📜 Stephen’s Great Speech (7:1-53)
Acts 7:2-8
"And he said, ‘Brothers and fathers, listen. The God of glory appeared to our father Abraham when he was in Mesopotamia, before he lived in Haran, and said to him, “Go out from your land and from your kindred and go into the land that I will show you.”’"
Stephen’s speech is the longest in Acts (52 verses) and one of the most sophisticated pieces of biblical theology in the NT. He re-reads the entire history of Israel—from Abraham to Solomon’s temple—to demonstrate a provocative thesis: Israel has always rejected God’s messengers. The pattern repeats: Joseph rejected by his brothers, Moses rejected by the people, the prophets persecuted—and now Jesus, the Righteous One, betrayed and murdered. Stephen is not condemning Israel for being especially wicked—he is showing that the rejection of Jesus is the climax of a historical pattern of resistance to God’s grace.
Acts 7:44-50
"Our fathers had the tabernacle of testimony in the wilderness, just as he who spoke to Moses directed him to make it according to the pattern that he had seen. But Solomon built a house for him. Yet the Most High does not dwell in houses made by hands, as the prophet says, ‘Heaven is my throne, and the earth is my footstool. What kind of house will you build for me, says the Lord, or what is the place of my rest?’"
The critique of the temple is the most explosive point of the speech—and the reason Stephen was accused (6:13-14). He is not saying the temple was wrong—he is saying that confusing the temple with the presence of God is idolatry. God cannot be confined to a building (1 Kings 8:27; Isaiah 66:1-2). The tabernacle was better than the temple because it was mobile—it accompanied the people on their journey. Jesus is the new temple (John 2:19-21)—God’s presence is no longer localized in Jerusalem but in Christ and his body, the Church.

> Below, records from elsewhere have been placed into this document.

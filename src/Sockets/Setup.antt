-- ===== src/Sockets/Setup.antt =====
-- common.cpp, `setup_server_socket`: the calls that make a listening socket. What they answer is an
-- argument; a failed `close` only prints, and is not modelled.
use kierki_sik.Prelude.{
  ℕ, ◌≡◌, refl, List, [], ◌∷◌, Bool, true, false, not, ◌&&◌, Option, none, some, Bytes, codes,
  if◌then◌else◌,
}
use kierki_sik.Prelude.Int.{ℤ, pos, negsuc}

pub data Call : Type 0 where
  -- `setsockopt` with SO_REUSEADDR set and IPV6_V6ONLY cleared, `bind` and `listen`.
  sets_reuseaddr clears_v6only binds listens : ℕ → Call
  closes : ℕ → Call
  says : Bytes → Call

-- The descriptor that `socket` gives, and whether each later call succeeds.
pub record SetupAnswers : Type 0 where
  pub created : Option ℕ
  pub reuse_set : Bool
  pub v6only_set : Bool
  pub bound : Bool
  pub listening : Bool

-- After a call that failed.
abbrev pub give_up : ℤ → Bytes → ℕ → ℤ × List Call
give_up result error_message server_fd = (result, says error_message ∷ closes server_fd ∷ [])

abbrev after : Call → ℤ × List Call → ℤ × List Call
after call (result, calls) = (result, call ∷ calls)

unfoldable pub setup_socket : ℕ → SetupAnswers → ℤ × List Call
setup_socket server_fd a = after (sets_reuseaddr server_fd) (
    if not a.reuse_set
    then give_up (pos 1) (codes "Failed to set socket options.") server_fd
    else after (clears_v6only server_fd) (
        if not a.v6only_set
        then give_up (pos 1) (codes "Failed to set socket options.") server_fd
        else after (binds server_fd) (
            if not a.bound
            then give_up (negsuc 0) (codes "Failed to bind server socket.") server_fd
            else after (listens server_fd) (
                if not a.listening
                then give_up (negsuc 0) (codes "Failed to listen on server socket.") server_fd
                else (pos server_fd, [])))))

unfoldable pub setup_server_socket : SetupAnswers → ℤ × List Call
unfolding setup_socket
setup_server_socket a = elim a.created [
  | none ↦ (negsuc 0, says (codes "Failed to create socket.") ∷ [])
  | some server_fd ↦ setup_socket server_fd a
]

-- The descriptors that the calls close.
abbrev pub closed : List Call → List ℕ
closed [] = []
closed (closes fd ∷ calls) = fd ∷ closed calls
closed (_ ∷ calls) = closed calls

-- The result for the descriptor `fd`: the descriptor, 1 after a failed `setsockopt`, or -1.
abbrev pub setup_result : ℕ → SetupAnswers → ℤ
setup_result fd a =
    if not (a.reuse_set && a.v6only_set)
    then pos 1
    else if a.bound && a.listening
    then pos fd
    else negsuc 0

answers_of : Option ℕ → Bool → Bool → Bool → Bool → SetupAnswers
answers_of created r v b l = record {
  created = created;
  reuse_set = r;
  v6only_set = v;
  bound = b;
  listening = l;
}

-- The socket is made and listens, and all calls but `socket` succeed.
abbrev pub succeeds : SetupAnswers → Bool
succeeds a = a.reuse_set && a.v6only_set && a.bound && a.listening

setup_socket_lem :
    (fd : ℕ) (created : Option ℕ) (r v b l : Bool)
    → ((setup_socket fd (answers_of created r v b l)).0
        ≡ setup_result fd (answers_of created r v b l))
      × (closed (setup_socket fd (answers_of created r v b l)).1
          ≡ (if succeeds (answers_of created r v b l) then [] else fd ∷ []))
unfolding setup_socket answers_of
setup_socket_lem fd created false v b l = (refl, refl)
setup_socket_lem fd created true false b l = (refl, refl)
setup_socket_lem fd created true true false l = (refl, refl)
setup_socket_lem fd created true true true false = (refl, refl)
setup_socket_lem fd created true true true true = (refl, refl)

-- A set-up of the server's socket returns its descriptor, and leaves it open, exactly if every call
-- succeeds; else it closes the socket once and returns -1, or 1 after a failed `setsockopt`.
pub setup_server_socket-setup_result :
    (fd : ℕ) (a : SetupAnswers)
    → a.created ≡ some fd
    → ((setup_server_socket a).0 ≡ setup_result fd a)
      × (closed (setup_server_socket a).1 ≡ (if succeeds a then [] else fd ∷ []))
unfolding setup_server_socket answers_of
setup_server_socket-setup_result fd a e =
    rw e (setup_socket_lem fd (some fd) a.reuse_set a.v6only_set a.bound a.listening)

✝️ The Martyrdom of Stephen (7:54-60)
Acts 7:55-60
"But he, full of the Holy Spirit, gazed into heaven and saw the glory of God, and Jesus standing at the right hand of God. And he said, ‘Behold, I see the heavens opened, and the Son of Man standing at the right hand of God.’ ... And falling to his knees he cried out with a loud voice, ‘Lord, do not hold this sin against them.’ And when he had said this, he fell asleep."
Stephen’s death is modeled on Jesus’ death: he sees the heavens opened (cf. Luke 3:21), forgives his executioners (cf. Luke 23:34), and commits his spirit to Jesus (cf. Luke 23:46). Stephen is the first martyr (martys—witness) Christian—and his martyrdom inaugurates the era of persecutions. ‘Jesus standing at the right hand of God’—in all other texts, Jesus is ‘seated’ at the Father’s right hand (Psalm 110:1; Hebrews 1:3). Here he is ‘standing’—as one who rises to receive and honor his faithful servant. The presence of Saul as approver of the execution (7:58; 8:1) is the turning point: the persecutor who will become the greatest missionary in history.